Records to use:
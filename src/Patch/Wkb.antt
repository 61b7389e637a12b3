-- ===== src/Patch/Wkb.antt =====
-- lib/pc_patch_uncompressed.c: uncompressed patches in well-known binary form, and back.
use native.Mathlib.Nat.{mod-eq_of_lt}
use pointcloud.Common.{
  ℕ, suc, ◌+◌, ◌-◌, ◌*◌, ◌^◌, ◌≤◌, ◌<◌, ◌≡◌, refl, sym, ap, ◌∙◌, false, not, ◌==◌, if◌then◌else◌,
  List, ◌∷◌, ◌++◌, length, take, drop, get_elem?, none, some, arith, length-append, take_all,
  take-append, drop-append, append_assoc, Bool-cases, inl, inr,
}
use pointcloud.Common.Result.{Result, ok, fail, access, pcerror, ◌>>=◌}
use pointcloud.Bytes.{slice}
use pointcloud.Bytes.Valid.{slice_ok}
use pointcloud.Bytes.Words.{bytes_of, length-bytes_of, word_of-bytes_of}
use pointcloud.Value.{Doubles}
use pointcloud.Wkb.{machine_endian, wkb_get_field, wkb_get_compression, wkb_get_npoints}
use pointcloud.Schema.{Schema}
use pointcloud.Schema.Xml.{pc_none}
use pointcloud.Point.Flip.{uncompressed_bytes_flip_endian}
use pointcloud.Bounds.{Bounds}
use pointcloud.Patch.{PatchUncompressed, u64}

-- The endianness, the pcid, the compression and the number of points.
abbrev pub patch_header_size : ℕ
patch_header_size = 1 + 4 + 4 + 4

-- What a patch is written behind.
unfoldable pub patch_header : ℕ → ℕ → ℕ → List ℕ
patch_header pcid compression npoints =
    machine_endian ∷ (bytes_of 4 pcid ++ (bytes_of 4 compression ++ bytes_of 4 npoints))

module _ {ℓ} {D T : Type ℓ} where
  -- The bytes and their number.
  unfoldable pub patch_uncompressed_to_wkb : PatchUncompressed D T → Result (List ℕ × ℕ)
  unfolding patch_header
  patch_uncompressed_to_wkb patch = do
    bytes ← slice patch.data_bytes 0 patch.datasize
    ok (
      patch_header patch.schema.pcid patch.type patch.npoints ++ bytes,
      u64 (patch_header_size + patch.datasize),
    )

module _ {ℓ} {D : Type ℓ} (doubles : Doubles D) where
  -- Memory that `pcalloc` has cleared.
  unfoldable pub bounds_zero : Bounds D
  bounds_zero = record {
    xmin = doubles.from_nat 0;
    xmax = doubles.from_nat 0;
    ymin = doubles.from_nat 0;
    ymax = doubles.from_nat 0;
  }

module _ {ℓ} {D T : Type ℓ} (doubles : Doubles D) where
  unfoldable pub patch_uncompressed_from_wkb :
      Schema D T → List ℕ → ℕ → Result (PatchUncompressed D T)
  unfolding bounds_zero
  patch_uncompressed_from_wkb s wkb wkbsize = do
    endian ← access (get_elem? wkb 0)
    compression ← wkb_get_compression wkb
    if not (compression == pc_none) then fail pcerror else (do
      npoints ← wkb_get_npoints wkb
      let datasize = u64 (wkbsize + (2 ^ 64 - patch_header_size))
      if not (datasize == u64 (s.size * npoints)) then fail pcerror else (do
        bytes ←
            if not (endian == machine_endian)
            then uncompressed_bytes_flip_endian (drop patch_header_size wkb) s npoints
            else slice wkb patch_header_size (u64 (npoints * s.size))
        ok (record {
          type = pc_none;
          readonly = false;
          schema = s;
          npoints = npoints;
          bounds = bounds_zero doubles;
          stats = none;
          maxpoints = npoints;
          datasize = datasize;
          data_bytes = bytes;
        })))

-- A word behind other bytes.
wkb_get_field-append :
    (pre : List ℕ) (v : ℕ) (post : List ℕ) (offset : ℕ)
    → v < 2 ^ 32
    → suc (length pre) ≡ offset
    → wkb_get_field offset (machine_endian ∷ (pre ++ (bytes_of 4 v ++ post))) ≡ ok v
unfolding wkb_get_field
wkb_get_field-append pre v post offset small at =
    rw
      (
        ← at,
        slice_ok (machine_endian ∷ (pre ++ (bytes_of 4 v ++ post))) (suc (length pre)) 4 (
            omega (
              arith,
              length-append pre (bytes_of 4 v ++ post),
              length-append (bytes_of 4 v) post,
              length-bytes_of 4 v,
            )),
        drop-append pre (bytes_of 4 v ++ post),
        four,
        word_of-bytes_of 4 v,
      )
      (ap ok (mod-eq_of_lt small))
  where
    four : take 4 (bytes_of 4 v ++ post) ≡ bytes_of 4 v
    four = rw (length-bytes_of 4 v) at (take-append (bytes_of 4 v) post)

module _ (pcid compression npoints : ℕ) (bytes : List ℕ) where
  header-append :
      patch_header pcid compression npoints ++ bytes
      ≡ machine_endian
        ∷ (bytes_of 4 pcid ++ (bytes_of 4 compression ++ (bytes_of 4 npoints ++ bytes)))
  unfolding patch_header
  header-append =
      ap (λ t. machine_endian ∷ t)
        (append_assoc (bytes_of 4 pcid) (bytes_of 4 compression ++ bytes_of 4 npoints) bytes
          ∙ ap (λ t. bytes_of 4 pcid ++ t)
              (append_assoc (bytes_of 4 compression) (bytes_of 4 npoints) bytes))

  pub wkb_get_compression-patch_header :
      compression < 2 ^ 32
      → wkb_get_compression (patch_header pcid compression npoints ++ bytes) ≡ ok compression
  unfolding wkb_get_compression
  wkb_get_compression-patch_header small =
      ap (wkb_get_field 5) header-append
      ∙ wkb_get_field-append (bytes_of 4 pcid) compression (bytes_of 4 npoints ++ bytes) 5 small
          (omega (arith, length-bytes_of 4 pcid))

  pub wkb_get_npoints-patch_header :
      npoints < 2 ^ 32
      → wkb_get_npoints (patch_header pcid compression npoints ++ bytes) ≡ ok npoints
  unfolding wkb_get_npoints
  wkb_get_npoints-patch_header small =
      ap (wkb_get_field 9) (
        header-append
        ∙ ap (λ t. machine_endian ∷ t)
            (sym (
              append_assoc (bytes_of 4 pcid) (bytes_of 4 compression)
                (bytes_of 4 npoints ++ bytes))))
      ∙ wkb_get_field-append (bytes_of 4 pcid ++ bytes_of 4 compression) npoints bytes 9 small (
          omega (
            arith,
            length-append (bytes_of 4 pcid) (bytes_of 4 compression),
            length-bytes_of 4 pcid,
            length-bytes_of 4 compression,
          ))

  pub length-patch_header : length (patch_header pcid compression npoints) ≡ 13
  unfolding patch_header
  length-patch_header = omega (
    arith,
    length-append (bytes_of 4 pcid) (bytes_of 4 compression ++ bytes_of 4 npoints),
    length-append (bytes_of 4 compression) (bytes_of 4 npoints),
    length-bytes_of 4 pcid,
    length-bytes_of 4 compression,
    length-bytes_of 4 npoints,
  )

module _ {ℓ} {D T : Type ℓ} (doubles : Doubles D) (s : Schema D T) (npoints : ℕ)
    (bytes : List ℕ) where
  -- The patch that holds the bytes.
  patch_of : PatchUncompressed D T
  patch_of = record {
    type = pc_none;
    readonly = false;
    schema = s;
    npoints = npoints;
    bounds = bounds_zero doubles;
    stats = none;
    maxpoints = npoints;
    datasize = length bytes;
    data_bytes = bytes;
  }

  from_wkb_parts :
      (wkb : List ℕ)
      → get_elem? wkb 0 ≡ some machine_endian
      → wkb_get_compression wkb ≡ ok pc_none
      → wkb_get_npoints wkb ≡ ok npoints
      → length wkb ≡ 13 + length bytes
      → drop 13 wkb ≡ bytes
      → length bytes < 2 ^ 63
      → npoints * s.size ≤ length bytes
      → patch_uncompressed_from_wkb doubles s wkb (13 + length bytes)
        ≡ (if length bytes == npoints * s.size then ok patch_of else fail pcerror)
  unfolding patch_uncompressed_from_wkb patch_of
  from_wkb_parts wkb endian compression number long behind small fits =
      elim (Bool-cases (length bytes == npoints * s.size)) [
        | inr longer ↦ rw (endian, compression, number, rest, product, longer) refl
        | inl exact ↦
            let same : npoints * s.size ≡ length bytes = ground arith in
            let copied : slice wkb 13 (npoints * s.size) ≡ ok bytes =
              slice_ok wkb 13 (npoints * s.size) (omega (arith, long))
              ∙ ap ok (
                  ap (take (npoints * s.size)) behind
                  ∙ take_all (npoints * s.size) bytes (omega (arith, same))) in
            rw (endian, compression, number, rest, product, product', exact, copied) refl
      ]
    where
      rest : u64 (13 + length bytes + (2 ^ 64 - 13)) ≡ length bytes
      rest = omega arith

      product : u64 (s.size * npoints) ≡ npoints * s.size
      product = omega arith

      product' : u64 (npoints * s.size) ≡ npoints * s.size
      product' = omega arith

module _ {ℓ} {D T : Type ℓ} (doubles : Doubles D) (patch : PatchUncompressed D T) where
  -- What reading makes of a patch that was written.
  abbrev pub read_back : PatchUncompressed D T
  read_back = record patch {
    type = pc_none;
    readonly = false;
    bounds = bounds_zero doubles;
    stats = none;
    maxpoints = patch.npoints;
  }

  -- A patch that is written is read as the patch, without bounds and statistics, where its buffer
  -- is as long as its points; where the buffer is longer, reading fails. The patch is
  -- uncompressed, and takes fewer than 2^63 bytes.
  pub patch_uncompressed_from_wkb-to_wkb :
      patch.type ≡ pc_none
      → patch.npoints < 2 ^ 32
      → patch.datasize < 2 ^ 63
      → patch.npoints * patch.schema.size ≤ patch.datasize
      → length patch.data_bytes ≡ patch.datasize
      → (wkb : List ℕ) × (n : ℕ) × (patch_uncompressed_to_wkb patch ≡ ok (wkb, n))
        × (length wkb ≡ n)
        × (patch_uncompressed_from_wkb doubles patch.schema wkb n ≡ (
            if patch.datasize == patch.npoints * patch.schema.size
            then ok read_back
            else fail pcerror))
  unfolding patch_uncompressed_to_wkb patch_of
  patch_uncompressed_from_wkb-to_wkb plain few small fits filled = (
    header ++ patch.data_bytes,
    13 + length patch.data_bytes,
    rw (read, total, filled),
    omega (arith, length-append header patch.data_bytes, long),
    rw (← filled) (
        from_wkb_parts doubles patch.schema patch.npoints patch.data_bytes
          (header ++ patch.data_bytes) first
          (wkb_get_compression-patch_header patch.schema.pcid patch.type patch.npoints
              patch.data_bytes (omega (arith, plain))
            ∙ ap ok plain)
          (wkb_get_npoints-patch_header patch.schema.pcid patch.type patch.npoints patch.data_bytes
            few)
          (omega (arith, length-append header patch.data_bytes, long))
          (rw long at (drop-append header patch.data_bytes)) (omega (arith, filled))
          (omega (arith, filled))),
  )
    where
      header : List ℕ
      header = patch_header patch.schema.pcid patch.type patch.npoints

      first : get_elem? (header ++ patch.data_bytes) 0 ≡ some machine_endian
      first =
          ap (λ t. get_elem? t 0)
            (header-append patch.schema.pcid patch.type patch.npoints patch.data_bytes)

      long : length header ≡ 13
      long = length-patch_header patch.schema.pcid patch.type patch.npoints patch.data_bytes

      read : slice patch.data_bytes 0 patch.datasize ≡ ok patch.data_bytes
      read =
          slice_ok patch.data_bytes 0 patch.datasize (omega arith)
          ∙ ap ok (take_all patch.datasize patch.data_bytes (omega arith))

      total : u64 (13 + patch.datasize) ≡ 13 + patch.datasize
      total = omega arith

Your instructions: Pick from the records each line that contains the word "Common" and show it.

Written reply:
use pointcloud.Common.{
use pointcloud.Common.Result.{Result, ok, fail, access, pcerror, ◌>>=◌}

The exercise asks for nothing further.